*** Opening INFORMATION GIVEN ***

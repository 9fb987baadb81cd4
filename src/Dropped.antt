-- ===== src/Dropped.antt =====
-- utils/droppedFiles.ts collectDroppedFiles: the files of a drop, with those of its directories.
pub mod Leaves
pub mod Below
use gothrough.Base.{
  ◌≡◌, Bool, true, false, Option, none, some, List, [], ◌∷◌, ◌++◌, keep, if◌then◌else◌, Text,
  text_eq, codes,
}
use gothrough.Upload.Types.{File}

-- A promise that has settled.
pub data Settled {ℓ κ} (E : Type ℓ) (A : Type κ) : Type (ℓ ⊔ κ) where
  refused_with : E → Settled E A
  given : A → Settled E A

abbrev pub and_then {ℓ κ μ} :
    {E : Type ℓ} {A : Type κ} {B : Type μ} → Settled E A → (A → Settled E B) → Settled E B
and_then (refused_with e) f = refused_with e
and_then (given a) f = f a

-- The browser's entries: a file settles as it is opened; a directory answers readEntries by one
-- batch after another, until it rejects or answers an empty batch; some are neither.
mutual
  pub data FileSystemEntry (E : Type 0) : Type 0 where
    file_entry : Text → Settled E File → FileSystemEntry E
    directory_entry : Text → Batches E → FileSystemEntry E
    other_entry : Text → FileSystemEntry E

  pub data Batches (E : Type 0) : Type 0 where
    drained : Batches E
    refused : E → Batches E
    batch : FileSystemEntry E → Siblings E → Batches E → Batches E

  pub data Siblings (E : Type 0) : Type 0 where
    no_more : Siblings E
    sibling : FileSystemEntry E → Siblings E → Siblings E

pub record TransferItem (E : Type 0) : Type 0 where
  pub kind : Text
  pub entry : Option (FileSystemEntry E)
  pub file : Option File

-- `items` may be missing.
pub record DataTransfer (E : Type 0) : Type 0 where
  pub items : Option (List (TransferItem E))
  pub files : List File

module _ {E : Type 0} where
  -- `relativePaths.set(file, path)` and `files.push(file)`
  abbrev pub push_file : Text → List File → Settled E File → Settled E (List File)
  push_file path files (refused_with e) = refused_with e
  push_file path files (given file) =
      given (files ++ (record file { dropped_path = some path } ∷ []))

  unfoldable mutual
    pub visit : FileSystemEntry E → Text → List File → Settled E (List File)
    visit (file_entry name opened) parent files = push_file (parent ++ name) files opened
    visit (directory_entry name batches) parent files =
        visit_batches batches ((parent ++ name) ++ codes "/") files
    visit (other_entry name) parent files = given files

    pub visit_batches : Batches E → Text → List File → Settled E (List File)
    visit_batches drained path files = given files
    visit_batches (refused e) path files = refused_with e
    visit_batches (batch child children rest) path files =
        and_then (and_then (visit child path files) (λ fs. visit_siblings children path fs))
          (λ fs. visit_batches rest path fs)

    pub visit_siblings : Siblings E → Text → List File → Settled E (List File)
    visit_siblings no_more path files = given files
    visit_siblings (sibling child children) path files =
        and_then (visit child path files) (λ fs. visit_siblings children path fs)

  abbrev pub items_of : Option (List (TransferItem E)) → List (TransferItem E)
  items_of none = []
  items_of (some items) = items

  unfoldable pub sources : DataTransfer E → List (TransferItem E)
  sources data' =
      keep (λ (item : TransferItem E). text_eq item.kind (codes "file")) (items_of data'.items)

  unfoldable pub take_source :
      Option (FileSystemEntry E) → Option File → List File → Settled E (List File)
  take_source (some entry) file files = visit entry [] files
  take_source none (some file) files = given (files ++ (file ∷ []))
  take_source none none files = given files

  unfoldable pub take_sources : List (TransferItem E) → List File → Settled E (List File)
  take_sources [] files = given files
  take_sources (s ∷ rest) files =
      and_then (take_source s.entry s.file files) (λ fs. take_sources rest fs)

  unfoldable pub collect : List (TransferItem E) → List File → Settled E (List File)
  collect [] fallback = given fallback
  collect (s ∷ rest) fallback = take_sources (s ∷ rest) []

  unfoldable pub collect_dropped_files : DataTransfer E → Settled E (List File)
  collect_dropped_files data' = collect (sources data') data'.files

*** Closing INFORMATION GIVEN ***
*** Opening INFORMATION GIVEN ***

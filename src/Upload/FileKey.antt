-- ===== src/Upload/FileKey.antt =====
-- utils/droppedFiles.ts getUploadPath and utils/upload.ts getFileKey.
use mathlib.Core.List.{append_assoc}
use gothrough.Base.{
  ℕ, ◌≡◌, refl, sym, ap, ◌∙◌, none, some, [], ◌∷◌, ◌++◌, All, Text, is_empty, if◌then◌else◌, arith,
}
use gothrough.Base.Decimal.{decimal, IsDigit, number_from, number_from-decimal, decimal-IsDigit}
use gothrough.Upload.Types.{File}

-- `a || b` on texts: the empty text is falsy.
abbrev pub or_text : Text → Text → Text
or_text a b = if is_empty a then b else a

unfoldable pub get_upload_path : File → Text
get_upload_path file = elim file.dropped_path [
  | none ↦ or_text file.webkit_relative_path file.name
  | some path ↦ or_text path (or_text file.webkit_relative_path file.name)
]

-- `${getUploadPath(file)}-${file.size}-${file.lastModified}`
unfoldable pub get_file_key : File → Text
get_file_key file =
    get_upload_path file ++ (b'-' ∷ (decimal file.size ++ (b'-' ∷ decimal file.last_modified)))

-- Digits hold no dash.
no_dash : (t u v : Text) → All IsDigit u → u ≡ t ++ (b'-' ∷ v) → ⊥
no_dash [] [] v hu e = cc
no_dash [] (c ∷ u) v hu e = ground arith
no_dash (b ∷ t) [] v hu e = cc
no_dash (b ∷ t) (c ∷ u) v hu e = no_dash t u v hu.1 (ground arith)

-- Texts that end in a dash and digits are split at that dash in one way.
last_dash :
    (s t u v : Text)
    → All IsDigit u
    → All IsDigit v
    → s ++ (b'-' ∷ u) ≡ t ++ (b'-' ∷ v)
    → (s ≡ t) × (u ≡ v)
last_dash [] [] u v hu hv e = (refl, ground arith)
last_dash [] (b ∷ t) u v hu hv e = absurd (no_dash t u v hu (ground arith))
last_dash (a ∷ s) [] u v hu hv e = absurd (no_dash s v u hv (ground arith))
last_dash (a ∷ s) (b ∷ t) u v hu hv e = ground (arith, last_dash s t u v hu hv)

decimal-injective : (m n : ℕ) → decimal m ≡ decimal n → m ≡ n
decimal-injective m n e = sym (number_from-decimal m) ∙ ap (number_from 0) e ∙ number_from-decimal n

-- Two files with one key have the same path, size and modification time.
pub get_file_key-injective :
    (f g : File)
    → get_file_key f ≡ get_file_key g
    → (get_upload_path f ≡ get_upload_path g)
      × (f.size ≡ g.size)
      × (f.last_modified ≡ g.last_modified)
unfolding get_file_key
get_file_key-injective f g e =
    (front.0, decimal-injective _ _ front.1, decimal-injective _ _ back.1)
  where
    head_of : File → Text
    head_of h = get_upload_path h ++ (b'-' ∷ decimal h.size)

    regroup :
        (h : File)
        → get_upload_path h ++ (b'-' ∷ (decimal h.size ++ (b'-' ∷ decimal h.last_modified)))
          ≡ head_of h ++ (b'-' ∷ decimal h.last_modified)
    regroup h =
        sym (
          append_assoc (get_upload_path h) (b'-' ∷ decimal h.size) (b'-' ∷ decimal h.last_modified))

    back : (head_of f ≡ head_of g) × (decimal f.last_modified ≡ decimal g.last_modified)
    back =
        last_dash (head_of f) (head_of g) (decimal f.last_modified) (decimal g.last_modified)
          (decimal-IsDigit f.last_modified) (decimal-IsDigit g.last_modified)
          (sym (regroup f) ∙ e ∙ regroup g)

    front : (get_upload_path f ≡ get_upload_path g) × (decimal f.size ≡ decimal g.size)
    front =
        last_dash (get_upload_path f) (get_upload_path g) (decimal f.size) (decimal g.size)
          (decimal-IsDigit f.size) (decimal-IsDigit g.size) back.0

*** Closing INFORMATION GIVEN ***

WHAT TO PRODUCE
In the records above, find every line with the word "antt" and copy it.

REPLY TO THE EXERCISE
filename src/Dropped.antt
-- ===== src/Dropped.antt =====
filename src/Upload/FileKey.antt
-- ===== src/Upload/FileKey.antt =====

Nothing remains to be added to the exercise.